--- What the task requires ---
What lines of the data below include the word "going"? Report them by copying each.

[Collected data]
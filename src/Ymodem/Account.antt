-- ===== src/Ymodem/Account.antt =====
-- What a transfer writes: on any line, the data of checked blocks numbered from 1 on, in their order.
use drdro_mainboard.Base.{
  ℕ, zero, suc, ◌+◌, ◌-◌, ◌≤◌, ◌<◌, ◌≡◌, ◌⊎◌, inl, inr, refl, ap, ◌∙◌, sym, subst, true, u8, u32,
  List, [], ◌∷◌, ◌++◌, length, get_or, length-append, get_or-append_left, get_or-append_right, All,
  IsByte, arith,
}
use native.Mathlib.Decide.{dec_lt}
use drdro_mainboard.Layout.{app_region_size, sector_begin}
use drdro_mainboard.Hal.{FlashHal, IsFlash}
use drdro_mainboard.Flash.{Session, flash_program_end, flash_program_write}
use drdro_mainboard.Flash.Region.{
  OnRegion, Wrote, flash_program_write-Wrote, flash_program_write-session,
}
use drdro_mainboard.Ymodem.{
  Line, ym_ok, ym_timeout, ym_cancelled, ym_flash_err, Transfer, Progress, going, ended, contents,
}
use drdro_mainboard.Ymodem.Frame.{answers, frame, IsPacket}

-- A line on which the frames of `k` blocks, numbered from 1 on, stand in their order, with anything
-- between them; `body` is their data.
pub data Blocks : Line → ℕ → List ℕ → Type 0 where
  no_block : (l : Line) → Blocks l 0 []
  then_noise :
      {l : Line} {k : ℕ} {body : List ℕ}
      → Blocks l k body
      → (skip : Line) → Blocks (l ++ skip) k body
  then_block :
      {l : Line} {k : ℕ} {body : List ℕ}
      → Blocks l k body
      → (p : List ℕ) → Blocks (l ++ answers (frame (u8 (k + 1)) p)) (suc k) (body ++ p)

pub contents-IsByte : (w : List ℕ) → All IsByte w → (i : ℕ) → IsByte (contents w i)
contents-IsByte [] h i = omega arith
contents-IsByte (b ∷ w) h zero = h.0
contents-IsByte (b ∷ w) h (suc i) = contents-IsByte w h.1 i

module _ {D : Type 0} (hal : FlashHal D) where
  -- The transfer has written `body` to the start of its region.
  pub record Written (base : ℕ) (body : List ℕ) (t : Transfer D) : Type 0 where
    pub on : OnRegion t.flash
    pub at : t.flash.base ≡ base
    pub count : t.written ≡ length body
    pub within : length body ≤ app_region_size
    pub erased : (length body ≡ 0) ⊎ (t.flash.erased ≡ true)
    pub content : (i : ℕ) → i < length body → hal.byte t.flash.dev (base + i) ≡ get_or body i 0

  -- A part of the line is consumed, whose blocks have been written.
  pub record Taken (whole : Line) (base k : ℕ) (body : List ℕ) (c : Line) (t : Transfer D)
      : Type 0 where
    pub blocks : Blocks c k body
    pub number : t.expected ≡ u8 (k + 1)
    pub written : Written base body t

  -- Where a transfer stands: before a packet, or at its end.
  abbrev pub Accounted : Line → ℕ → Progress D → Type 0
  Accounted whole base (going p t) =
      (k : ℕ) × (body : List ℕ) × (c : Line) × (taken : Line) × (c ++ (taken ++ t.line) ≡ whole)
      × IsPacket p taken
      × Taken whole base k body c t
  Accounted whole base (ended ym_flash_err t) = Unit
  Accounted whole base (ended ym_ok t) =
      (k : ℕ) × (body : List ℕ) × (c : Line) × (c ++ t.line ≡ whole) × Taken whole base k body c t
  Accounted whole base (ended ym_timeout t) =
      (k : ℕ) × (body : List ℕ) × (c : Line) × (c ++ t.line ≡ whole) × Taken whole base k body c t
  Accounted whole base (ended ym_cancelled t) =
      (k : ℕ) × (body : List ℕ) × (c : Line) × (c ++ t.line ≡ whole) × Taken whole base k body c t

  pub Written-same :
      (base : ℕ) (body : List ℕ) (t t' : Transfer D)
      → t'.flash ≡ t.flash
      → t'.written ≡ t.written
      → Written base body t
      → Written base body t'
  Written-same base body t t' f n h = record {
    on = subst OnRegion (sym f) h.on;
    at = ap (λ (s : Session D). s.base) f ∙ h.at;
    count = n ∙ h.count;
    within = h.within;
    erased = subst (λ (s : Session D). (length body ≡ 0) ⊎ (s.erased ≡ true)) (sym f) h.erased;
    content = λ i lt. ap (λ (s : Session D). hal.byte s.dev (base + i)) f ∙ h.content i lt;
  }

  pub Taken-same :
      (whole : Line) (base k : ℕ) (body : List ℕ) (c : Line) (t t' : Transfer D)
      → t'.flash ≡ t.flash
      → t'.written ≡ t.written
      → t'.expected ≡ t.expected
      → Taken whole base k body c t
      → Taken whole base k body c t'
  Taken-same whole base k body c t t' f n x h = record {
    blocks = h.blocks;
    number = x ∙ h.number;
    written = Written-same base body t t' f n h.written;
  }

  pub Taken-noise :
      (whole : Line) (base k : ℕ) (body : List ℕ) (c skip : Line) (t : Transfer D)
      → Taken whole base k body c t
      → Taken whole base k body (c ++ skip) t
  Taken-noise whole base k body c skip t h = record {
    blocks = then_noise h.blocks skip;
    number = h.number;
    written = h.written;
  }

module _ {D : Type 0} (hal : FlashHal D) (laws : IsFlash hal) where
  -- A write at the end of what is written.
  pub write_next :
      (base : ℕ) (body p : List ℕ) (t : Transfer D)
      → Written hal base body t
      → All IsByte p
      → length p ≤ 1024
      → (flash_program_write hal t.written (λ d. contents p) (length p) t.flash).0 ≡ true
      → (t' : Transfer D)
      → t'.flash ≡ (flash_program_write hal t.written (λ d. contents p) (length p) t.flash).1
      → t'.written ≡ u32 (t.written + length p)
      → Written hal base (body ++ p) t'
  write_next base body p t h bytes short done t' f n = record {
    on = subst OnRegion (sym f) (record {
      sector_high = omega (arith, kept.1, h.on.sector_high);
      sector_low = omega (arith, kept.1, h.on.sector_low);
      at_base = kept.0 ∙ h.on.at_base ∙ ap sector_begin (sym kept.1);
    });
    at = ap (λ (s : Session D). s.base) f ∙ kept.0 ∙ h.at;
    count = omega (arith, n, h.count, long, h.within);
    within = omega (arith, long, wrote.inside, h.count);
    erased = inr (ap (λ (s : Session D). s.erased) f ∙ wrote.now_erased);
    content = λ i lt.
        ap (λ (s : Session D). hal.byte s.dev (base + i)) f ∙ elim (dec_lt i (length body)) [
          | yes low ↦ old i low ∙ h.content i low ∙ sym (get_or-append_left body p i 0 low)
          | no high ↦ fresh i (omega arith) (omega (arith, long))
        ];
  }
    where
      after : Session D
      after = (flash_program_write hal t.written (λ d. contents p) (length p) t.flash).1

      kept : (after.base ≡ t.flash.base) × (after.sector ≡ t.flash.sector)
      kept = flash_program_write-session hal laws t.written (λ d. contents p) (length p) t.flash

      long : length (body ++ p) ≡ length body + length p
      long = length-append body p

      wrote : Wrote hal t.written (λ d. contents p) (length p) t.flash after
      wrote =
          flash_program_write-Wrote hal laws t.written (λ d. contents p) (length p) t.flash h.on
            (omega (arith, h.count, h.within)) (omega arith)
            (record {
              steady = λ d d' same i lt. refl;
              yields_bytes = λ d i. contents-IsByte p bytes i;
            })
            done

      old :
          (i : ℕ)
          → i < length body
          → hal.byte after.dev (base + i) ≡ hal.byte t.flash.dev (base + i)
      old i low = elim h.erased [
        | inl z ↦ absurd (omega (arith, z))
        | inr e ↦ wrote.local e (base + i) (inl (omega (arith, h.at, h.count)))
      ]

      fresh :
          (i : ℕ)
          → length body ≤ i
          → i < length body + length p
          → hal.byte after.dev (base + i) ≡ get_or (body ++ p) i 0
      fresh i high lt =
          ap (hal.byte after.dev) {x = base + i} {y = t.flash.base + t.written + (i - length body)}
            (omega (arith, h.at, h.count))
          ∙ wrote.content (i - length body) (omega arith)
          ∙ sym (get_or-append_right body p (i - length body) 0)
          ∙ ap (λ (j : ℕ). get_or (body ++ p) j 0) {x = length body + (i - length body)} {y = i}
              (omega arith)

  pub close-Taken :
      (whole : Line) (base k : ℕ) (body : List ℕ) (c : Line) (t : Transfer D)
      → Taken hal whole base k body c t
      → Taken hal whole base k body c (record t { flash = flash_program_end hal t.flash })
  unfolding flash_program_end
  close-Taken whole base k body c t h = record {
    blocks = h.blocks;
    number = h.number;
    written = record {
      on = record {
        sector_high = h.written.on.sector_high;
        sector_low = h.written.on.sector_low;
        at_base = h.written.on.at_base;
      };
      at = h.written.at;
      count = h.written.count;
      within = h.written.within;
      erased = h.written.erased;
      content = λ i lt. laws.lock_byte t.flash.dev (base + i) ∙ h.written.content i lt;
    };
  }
==
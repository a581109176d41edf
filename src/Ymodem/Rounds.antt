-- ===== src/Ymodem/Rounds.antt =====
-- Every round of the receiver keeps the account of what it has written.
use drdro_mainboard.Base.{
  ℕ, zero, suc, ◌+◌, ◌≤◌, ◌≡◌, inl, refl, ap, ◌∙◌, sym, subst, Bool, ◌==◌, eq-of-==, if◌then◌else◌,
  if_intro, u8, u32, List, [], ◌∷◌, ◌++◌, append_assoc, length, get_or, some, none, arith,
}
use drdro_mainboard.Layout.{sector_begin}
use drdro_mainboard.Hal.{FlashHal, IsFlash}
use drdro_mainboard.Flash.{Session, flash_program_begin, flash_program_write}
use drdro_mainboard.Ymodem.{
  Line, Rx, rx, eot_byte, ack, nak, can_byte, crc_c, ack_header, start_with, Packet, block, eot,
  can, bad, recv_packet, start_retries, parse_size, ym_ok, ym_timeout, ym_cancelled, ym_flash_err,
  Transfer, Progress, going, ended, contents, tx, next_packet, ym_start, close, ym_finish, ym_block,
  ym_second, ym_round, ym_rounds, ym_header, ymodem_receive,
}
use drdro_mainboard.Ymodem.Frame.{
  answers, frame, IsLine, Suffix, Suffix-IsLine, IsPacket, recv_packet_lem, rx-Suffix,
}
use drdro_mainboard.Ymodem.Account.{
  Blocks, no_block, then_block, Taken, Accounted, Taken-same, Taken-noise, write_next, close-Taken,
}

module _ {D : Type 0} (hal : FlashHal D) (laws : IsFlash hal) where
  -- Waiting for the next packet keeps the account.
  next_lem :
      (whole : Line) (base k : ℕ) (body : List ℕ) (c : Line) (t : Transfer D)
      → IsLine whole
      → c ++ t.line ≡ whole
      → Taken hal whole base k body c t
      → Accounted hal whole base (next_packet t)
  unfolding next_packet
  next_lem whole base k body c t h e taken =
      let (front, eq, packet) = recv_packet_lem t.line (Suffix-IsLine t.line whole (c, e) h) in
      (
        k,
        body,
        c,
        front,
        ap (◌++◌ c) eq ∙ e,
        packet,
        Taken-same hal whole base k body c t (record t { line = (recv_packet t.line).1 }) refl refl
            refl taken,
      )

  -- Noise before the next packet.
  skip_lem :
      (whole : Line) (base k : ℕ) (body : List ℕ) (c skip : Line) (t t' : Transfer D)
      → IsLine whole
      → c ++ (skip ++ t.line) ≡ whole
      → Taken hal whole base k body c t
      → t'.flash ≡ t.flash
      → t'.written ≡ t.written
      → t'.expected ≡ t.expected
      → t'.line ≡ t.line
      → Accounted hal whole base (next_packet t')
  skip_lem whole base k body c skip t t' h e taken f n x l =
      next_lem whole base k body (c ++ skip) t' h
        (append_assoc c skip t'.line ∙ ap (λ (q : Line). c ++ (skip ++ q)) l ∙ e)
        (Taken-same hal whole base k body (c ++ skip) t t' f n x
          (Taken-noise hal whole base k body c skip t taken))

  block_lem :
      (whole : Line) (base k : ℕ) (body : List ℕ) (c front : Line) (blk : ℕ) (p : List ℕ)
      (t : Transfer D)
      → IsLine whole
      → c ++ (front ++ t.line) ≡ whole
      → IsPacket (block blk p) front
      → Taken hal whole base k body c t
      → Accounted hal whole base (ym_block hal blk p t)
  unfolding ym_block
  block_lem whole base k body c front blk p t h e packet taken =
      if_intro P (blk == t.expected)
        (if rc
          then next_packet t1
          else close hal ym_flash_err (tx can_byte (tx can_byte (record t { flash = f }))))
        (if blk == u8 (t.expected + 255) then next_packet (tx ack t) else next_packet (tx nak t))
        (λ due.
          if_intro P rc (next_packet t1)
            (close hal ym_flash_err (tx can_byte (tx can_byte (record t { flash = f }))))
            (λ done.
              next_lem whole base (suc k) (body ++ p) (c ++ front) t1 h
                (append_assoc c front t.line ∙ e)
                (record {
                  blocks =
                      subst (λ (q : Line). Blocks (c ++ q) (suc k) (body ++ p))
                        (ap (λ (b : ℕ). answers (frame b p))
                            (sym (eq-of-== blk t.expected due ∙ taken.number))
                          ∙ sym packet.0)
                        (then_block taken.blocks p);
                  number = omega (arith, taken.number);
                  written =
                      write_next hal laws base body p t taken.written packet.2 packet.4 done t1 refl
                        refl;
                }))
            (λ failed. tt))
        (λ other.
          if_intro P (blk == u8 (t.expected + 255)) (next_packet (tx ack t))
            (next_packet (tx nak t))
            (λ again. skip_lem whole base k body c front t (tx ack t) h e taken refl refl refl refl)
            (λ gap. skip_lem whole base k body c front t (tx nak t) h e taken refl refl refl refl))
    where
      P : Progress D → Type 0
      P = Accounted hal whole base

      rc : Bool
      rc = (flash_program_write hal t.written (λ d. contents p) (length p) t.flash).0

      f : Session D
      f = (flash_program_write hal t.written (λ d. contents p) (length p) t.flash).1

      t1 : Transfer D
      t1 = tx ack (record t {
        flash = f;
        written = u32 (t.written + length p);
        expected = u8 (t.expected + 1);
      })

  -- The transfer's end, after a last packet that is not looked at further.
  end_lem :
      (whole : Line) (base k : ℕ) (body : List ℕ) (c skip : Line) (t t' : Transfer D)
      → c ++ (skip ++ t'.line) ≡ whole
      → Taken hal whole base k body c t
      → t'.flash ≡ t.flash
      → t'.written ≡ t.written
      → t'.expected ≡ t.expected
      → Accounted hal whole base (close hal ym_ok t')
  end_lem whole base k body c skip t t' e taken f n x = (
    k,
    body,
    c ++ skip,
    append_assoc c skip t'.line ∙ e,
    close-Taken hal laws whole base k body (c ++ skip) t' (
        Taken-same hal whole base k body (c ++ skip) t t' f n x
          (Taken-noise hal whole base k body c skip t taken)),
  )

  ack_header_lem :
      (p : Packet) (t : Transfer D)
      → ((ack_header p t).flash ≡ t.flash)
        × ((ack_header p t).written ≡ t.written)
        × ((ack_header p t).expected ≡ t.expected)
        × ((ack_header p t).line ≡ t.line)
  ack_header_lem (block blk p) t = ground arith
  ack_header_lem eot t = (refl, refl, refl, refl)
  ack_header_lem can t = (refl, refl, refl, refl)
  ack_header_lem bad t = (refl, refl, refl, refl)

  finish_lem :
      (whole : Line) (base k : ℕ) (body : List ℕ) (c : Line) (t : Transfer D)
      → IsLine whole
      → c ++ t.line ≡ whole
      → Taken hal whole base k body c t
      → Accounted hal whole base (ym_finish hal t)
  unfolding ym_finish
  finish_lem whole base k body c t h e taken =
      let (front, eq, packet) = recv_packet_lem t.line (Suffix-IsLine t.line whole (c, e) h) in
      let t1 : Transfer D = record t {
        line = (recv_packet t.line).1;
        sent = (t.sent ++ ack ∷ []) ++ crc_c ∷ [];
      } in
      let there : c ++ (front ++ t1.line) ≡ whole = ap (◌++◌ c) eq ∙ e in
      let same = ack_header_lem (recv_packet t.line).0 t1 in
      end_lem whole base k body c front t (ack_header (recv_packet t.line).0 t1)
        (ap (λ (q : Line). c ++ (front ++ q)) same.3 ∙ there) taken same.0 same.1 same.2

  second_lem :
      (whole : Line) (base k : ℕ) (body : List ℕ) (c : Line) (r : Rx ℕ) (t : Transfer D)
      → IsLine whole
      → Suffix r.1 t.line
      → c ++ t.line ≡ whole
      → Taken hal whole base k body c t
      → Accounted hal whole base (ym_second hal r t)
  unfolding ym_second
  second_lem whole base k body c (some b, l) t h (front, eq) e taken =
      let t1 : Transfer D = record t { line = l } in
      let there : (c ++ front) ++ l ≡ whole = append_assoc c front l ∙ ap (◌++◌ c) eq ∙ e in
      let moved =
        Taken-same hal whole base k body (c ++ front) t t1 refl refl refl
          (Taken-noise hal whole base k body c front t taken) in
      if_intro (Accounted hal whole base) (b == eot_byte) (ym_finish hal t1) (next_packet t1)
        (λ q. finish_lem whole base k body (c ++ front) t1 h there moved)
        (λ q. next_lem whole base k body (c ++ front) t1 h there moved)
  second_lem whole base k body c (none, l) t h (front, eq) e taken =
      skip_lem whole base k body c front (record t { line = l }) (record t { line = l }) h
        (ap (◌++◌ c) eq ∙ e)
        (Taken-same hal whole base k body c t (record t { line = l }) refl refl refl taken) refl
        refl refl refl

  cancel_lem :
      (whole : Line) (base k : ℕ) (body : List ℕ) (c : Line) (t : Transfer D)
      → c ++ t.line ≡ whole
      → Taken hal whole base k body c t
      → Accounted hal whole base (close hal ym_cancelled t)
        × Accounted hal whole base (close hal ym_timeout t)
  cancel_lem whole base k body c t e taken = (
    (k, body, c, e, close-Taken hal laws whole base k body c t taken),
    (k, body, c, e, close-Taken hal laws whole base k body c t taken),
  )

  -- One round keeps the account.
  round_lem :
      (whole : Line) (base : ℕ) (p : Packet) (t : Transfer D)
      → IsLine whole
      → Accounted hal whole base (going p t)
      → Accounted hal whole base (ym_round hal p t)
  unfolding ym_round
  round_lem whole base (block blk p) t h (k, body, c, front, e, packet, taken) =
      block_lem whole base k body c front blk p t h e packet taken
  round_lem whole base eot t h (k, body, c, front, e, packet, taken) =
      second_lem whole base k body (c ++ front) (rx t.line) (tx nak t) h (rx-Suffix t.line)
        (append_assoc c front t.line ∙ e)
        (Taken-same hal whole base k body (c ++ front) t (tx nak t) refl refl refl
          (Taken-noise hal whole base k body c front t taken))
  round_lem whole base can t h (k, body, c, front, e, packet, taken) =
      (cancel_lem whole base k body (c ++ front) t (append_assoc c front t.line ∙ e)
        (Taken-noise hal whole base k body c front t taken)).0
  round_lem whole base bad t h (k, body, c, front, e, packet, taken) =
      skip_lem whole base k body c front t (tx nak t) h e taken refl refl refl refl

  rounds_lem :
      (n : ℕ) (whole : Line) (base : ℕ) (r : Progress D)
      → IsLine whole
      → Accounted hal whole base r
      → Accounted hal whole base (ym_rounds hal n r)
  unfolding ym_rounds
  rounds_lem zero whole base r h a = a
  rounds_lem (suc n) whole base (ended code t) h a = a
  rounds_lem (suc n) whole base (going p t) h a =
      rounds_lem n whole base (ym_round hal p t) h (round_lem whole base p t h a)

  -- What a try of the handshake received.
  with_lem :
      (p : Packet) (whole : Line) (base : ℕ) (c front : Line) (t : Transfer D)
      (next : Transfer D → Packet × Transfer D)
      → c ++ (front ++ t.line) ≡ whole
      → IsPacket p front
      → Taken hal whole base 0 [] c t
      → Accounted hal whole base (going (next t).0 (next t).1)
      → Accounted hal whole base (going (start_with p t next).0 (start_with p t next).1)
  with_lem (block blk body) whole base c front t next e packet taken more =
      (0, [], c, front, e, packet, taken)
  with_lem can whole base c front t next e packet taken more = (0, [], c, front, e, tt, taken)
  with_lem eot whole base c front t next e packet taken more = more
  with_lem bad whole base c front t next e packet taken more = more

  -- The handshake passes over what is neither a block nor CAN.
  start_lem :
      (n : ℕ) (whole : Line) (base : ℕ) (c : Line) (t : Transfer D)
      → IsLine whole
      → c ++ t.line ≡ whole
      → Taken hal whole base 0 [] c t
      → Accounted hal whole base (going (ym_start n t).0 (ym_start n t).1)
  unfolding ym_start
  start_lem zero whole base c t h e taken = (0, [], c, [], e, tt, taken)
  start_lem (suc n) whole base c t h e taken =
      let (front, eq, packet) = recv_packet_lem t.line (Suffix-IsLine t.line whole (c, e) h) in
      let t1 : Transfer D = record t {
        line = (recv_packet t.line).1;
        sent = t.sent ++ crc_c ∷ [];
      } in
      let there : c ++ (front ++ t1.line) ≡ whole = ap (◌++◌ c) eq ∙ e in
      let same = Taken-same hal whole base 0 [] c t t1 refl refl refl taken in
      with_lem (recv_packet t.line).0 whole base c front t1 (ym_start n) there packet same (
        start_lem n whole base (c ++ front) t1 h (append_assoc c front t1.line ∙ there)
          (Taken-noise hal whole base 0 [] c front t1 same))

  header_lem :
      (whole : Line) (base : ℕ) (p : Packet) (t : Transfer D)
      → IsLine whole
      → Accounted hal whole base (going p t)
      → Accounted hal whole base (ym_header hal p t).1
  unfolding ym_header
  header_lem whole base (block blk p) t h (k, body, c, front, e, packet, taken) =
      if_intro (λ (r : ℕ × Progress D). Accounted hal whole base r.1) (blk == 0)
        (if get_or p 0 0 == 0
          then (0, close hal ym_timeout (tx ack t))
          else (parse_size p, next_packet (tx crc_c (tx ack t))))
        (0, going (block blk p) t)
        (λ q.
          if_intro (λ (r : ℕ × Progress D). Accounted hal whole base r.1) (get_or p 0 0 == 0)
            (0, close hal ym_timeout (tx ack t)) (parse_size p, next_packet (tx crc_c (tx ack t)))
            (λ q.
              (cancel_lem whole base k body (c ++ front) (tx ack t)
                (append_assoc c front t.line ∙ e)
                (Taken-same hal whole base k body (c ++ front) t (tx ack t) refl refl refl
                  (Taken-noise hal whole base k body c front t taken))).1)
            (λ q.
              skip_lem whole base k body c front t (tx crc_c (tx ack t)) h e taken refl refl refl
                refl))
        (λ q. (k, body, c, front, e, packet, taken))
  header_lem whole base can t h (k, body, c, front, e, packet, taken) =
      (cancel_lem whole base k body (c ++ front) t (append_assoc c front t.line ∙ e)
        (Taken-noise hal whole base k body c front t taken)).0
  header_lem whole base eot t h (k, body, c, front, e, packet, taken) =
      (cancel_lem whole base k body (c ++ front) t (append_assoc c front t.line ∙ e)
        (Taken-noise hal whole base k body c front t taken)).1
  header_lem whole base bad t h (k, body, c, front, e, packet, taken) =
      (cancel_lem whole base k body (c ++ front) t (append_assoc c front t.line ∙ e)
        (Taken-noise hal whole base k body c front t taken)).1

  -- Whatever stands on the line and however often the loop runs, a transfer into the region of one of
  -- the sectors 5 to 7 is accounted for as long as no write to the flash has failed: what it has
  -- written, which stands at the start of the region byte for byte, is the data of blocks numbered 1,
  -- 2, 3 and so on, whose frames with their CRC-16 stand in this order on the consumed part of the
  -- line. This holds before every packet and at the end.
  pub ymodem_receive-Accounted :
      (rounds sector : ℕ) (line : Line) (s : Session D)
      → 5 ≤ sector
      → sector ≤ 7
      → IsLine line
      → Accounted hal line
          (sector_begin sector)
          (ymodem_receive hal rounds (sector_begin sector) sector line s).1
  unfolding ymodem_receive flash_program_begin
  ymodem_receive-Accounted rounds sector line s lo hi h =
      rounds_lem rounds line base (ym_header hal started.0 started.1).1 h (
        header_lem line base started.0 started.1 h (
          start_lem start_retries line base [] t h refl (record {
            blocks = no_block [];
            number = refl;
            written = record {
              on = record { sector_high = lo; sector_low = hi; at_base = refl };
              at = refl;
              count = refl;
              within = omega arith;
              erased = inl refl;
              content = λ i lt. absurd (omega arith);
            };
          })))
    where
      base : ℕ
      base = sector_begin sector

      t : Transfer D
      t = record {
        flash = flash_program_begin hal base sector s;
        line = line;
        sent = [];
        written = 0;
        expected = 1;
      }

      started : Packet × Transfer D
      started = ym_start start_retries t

--- Task result ---
  Line, ym_ok, ym_timeout, ym_cancelled, ym_flash_err, Transfer, Progress, going, ended, contents,
  Accounted whole base (going p t) =
  Transfer, Progress, going, ended, contents, tx, next_packet, ym_start, close, ym_finish, ym_block,
      → Accounted hal whole base (going p t)
  rounds_lem (suc n) whole base (going p t) h a =
      → Accounted hal whole base (going (next t).0 (next t).1)
      → Accounted hal whole base (going (start_with p t next).0 (start_with p t next).1)
      → Accounted hal whole base (going (ym_start n t).0 (ym_start n t).1)
      → Accounted hal whole base (going p t)
        (0, going (block blk p) t)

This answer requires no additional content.